Lights! Camera! Animate!

Youth are encouraged to explore their creativity and apply their digital skills in a new animation program coming to the Nepean Creative Arts Centre this spring.

Is your nine- to 14-year-old a budding digital media artist? Interested in animation? Then the Animate This course, held over March Break at the Nepean Creative Arts Centre, might be ideal.

Taught by experimental film artist Roger D. Wilson, students will learn the basics of animation, starting with flip books and moving through Claymation, to stop motion and exploring the latest in digital technology.

“Starting with a flip book really helps them to understand the process of animation,” says Wilson, “and how much patience they have to have.”

He says even more patience is required when the students move to cameraless animation. “I show them how to paint and draw on clear film stock. It really shows them how the movement works frame by frame and it helps them learn patience in a fun and creative way.”

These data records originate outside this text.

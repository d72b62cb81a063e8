-- ===== src/Heap.antt =====
-- `sbrk` and `brk` of kern/sysfunc.c: the heap of a process. Addresses and sizes are 32-bit words;
-- a word from 2 ^ 31 on is a negative `int`.
pub mod Break
mod Tests
use wei_os.Common.{
  ℕ, zero, suc, ◌+◌, ◌-◌, ◌*◌, ◌/◌, ◌%◌, ◌^◌, Bool, true, false, ◌&&◌, ◌||◌, List, [], ◌∷◌, ◌++◌,
  ◌==◌, ltb, leb, if◌then◌else◌,
}

abbrev pub pgsize : ℕ
pgsize = 4096

abbrev pub heaptop : ℕ
heaptop = 3221225472

-- The fields of `struct proc` for the heap, and the pages that were removed, the last one first.
pub record Heap : Type 0 where
  pub heap_ptr : ℕ
  pub base_mem_sz : ℕ
  pub removed : List ℕ

abbrev pub rounddown : ℕ → ℕ
rounddown a = a - a % pgsize

abbrev pub roundup : ℕ → ℕ
roundup a = rounddown ((a + (pgsize - 1)) % 2 ^ 32)

-- The loop of `sbrk` from address `a` on.
unfoldable pub remove_up : ℕ → ℕ → List ℕ → List ℕ
remove_up zero a gone = gone
remove_up (suc k) a gone = remove_up k (a + pgsize) (a ∷ gone)

-- The arms of `sbrk` for a negative and for a positive size.
unfoldable pub shrink : ℕ → Heap → ℕ × Heap
unfolding remove_up
shrink n p =
    let real_n = n % (2 ^ 31 - 1) in
    let end_addr = rounddown ((p.heap_ptr + 2 ^ 32 - real_n) % 2 ^ 32) in
    if ltb end_addr (roundup p.base_mem_sz) then (0, p) else (
      end_addr,
      record p {
        heap_ptr = end_addr;
        removed = remove_up ((p.heap_ptr - end_addr + (pgsize - 1)) / pgsize) end_addr p.removed;
      },
    )

unfoldable pub grow : ℕ → Heap → ℕ × Heap
grow n p =
    let end_addr = (p.heap_ptr + roundup n) % 2 ^ 32 in
    if ltb heaptop end_addr || ltb end_addr p.heap_ptr
    then (0, p)
    else (end_addr, record p { heap_ptr = (p.heap_ptr + end_addr) % 2 ^ 32 })

unfoldable pub sbrk : ℕ → Heap → ℕ × Heap
unfolding shrink grow
sbrk n p = if leb (2 ^ 31) n then shrink n p else if ltb 0 n then grow n p else (p.heap_ptr, p)

-- The loop of `brk`, for `k` pages.
unfoldable pub remove_down : ℕ → Heap → Heap
remove_down zero p = p
remove_down (suc k) p =
    remove_down k
      (record p { heap_ptr = p.heap_ptr - pgsize; removed = (p.heap_ptr - pgsize) ∷ p.removed })

-- The result 1 stands for -1.
unfoldable pub brk : ℕ → Heap → ℕ × Heap
unfolding remove_down
brk heap_break p =
    if ltb p.heap_ptr heap_break
    then (let up = roundup heap_break in
        if leb up heaptop then (0, record p { heap_ptr = up }) else (1, p))
    else if ltb heap_break p.heap_ptr
    then (let down = rounddown heap_break in
        if ltb down (roundup p.base_mem_sz)
        then (1, p)
        else (0, remove_down ((p.heap_ptr - down + (pgsize - 1)) / pgsize) p))
    else (0, p)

Although his background is primarily film, Wilson says he enjoys working in digital because it’s fast and immediate. “These students are used to having everything instantly because of technology and digital does that for them and they’re really comfortable with it.”

He says some youngsters come in thinking they won’t know anything, but are surprised at how much they know. “Some of these students already have their own
YouTube channel and they’ve already been posting videos,” he says.

“What we can offer them is the opportunity to learn how to refine their animation techniques and provide the cameras, lighting, editing software and green screens and make it look even more professional.”

Students will leave with their own animated short. Wilson usually pairs the students or assigns them to groups of three. They then must write the story, build the set with Lego or Claymation, shoot it and edit the final product. 

Wilson says he’s constantly amazed at the results. “The students I’ve taught continue to impress me. Not only are they open to ideas, they make me laugh and I learn from them.”

He says he wishes there had been similar opportunities when he was growing up. “The centre is really welcoming and stress-free and everyone works at their own speed.

“Students really learn how to feel good about themselves through their own creativity.”